Join our community of smart investors
OPINION

As unsafe as houses

As unsafe as houses
February 10, 2015
As unsafe as houses

Katharina Knoll, Moritz Schularik and Thomas Steger, three German economists, have compiled house price indices going back to the 19th century. These show that, between 1899 and 1938, UK house prices actually fell in real terms, by 1 per cent a year. This was not a quirk of the UK. The authors show that on average across 14 developed economies, house prices were flat in real terms between the late 19th century and mid-20th century. It is only since the 1950s that house prices have risen much.

If this long sample of history is representative of likely future returns, then housing is a poor investment. UK house prices have risen by only 0.4 per cent per year since 1899. That compares with a total return on equities (including dividends) of 5.6 per cent. Such a low return is not enough to compensate us for the risk of house prices falling and - worse still - of the risk that they'll fall during a recession when we lose our job and so most need wealth.

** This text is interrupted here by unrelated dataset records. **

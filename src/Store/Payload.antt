-- ===== src/Store/Payload.antt =====
-- The JSON text of a file in its row: `file_payload` and `read_task_file` of
-- src/store/task_file_store.cpp with `extract` of src/internal/json_util.h. The text that Boost.JSON
-- writes for an object and the object that it reads in a text are parameters.
pub mod Restore
use download_wrapper.Base.{
  ℕ, suc, ◌+◌, ◌-◌, ◌%◌, ◌^◌, Bool, true, false, ◌||◌, Option, none, some, List, [], ◌∷◌, ◌==◌, ltb,
  if◌then◌else◌,
}
use download_wrapper.Base.Int.{ℤ, pos, negsuc}
use download_wrapper.Text.{Text, codes, text_eq}
use download_wrapper.Manager.TaskFile.{
  TaskFile, no_file, Value, null, truth, int64, double, text, array, Items, end, item, Object,
  to_json,
}

-- `serialize` and `parse` of Boost.JSON; a text that is no object reads as `none`.
pub record Json (Rate : Type 0) : Type 0 where
  pub serialize : Object Rate → Text
  pub parse : Text → Option (Object Rate)
  pub zero : Rate
  pub to_number : ℤ → Rate

-- `static_cast<int32_t>`
unfoldable pub to_int32 : ℤ → ℤ
to_int32 (pos n) = let m = n % 2 ^ 32 in if ltb m (2 ^ 31) then pos m else negsuc (2 ^ 32 - 1 - m)
to_int32 (negsuc n) =
    let m = n % 2 ^ 32 in if ltb m (2 ^ 31) then negsuc m else pos (2 ^ 32 - 1 - m)

-- A text up to its first null, as `c_str()` hands it over.
unfoldable pub c_str : Text → Text
c_str [] = []
c_str (c ∷ s) = if c == 0 then [] else c ∷ c_str s

module _ {Rate : Type 0} where
  -- `if_contains`
  unfoldable pub if_contains : Object Rate → Text → Option (Value Rate)
  unfolding text_eq
  if_contains [] key = none
  if_contains ((k, v) ∷ rest) key = if text_eq k key then some v else if_contains rest key

  -- `erase`
  unfoldable pub erase_key : Text → Object Rate → Object Rate
  unfolding text_eq
  erase_key key [] = []
  erase_key key ((k, v) ∷ rest) = if text_eq k key then rest else (k, v) ∷ erase_key key rest

  -- `extract`, for each type of field
  unfoldable pub extract_text : Option (Value Rate) → Text → Text
  unfolding c_str
  extract_text (some (text s)) out = c_str s
  extract_text _ out = out

  unfoldable pub extract_int32 : Option (Value Rate) → ℤ → ℤ
  unfolding to_int32
  extract_int32 (some (int64 n)) out = to_int32 n
  extract_int32 _ out = out

  unfoldable pub extract_int64 : Option (Value Rate) → ℤ → ℤ
  extract_int64 (some (int64 n)) out = n
  extract_int64 _ out = out

  -- The segments that are pairs of integers; other items are passed over.
  unfoldable pub read_segments : Items Rate → List (ℤ × ℤ)
  read_segments end = []
  read_segments (item (array (item (int64 a) (item (int64 b) end))) rest) =
      (a, b) ∷ read_segments rest
  read_segments (item _ rest) = read_segments rest

  unfoldable pub extract_segments : Option (Value Rate) → List (ℤ × ℤ)
  unfolding read_segments
  extract_segments (some (array items)) = read_segments items
  extract_segments _ = []

  -- The object without the two marks that have columns of their own.
  unfoldable pub payload_of : TaskFile Rate → Object Rate
  unfolding erase_key to_json
  payload_of file = erase_key (codes "is_read") (erase_key (codes "is_delete") (to_json file))

  module _ (json : Json Rate) where
    unfoldable pub extract_progress : Option (Value Rate) → Rate
    extract_progress (some (double x)) = x
    extract_progress (some (int64 n)) = json.to_number n
    extract_progress _ = json.zero

    unfoldable pub file_payload : TaskFile Rate → Text
    file_payload file = json.serialize (payload_of file)

    -- The file in a parsed object.
    unfoldable pub read_object : Text → ℤ → Bool → Object Rate → TaskFile Rate
    unfolding if_contains extract_text extract_int32 extract_int64 extract_progress extract_segments
    read_object task_id file_index is_read obj = record (no_file json.zero) {
      task_id = task_id;
      file_index = file_index;
      is_read = is_read;
      name = extract_text (if_contains obj (codes "name")) [];
      path = extract_text (if_contains obj (codes "path")) [];
      full_path = extract_text (if_contains obj (codes "full_path")) [];
      total_size = extract_int64 (if_contains obj (codes "total_size")) (pos 0);
      total_done = extract_int64 (if_contains obj (codes "total_done")) (pos 0);
      extension = extract_text (if_contains obj (codes "extension")) [];
      prioritize = extract_int32 (if_contains obj (codes "prioritize")) (pos 4);
      progress = extract_progress (if_contains obj (codes "progress"));
      segments = extract_segments (if_contains obj (codes "segments"));
    }

    -- `read_task_file`, by the columns of the row
    unfoldable pub read_task_file : Text → ℤ → Text → Bool → Option (TaskFile Rate)
    read_task_file task_id file_index payload is_read = elim (json.parse payload) [
      | none ↦ none
      | some obj ↦ some (read_object task_id file_index is_read obj)
    ]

But is the pre-war experience really relevant? It's arguable. To see why house prices fell then, remember John Betjeman's film, Metroland, in which he showed how the opening of the Metropolitan railway led to the expansion of small villages such as Pinner and Northwick Park. This was a specific instance of a global phenomenon. The spread of railways allowed people to commute to work and so increased the supply of usable land. Houses in Harrow became substitutes for those in Camden Town, so prices of the latter fell as the supply of the former surged because the Metropolitan railway encouraged a boom in housebuilding.

Technical progress in the transport industry thus reduced house prices. It is only after this process stopped in the mid-50s that house prices exploded. (The boom might have been helped by the introduction of planning restrictions in 1947, but that doesn't explain why house prices showed a similar pattern to the UK's in most other developed economies.) As David Ricardo pointed out in the early 19th century, the price of land (and indeed most other things) depends upon a race between diminishing returns and technical progress; diminishing returns raises prices and technical progress reduces them. Between the 19th and mid-20th century, technical progress won. Since then, diminishing returns have.

Will this remain the case? Maybe not. HS2 could allow houses in Birmingham to substitute for London houses in the way that the Metropolitan line allowed houses in Harrow to do so. And if driverless cars reduce the discomfort of being stuck in traffic jams, they might encourage longer commutes and hence more substitutability between houses.

There has, though, been another form of technical progress - broadband. This has enabled your correspondent to work from home in Rutland. Just as the Metropolitan line allowed bank clerks to move from overpriced central London homes into more reasonably priced areas, so broadband has enabled me to do the same.

But, of course, I'm unusual. Broadband has not created a sufficiently big rise in homeworking to cause significant migration out of London. And it certainly hasn't triggered the housebuilding boom that the Metropolitan line did.

But this might just be a matter of time. As Andrew McAfee and Erik Brynjolfsson point out in The Second Machine Age, it can sometimes take decades for the applications of a new technology to be fully used. On the other hand, it could be that homeworking is only feasible for a minority of employees and so broadband will never have the revolutionary impact on house prices that the railways did - although the reasons for this might be psychological and political rather than technical.

Whatever the answer to this question is, there's a point here which property investors have overlooked. Investing in housing isn't just a bet upon incomes, interest rates and idiosyncratic local factors. It is also a bet on the pace and direction of technical change. While this might be reasonably predictable in the near term, it is much less so in the very long term. In this sense, longer-term property investors face a lot of unavoidable uncertainty.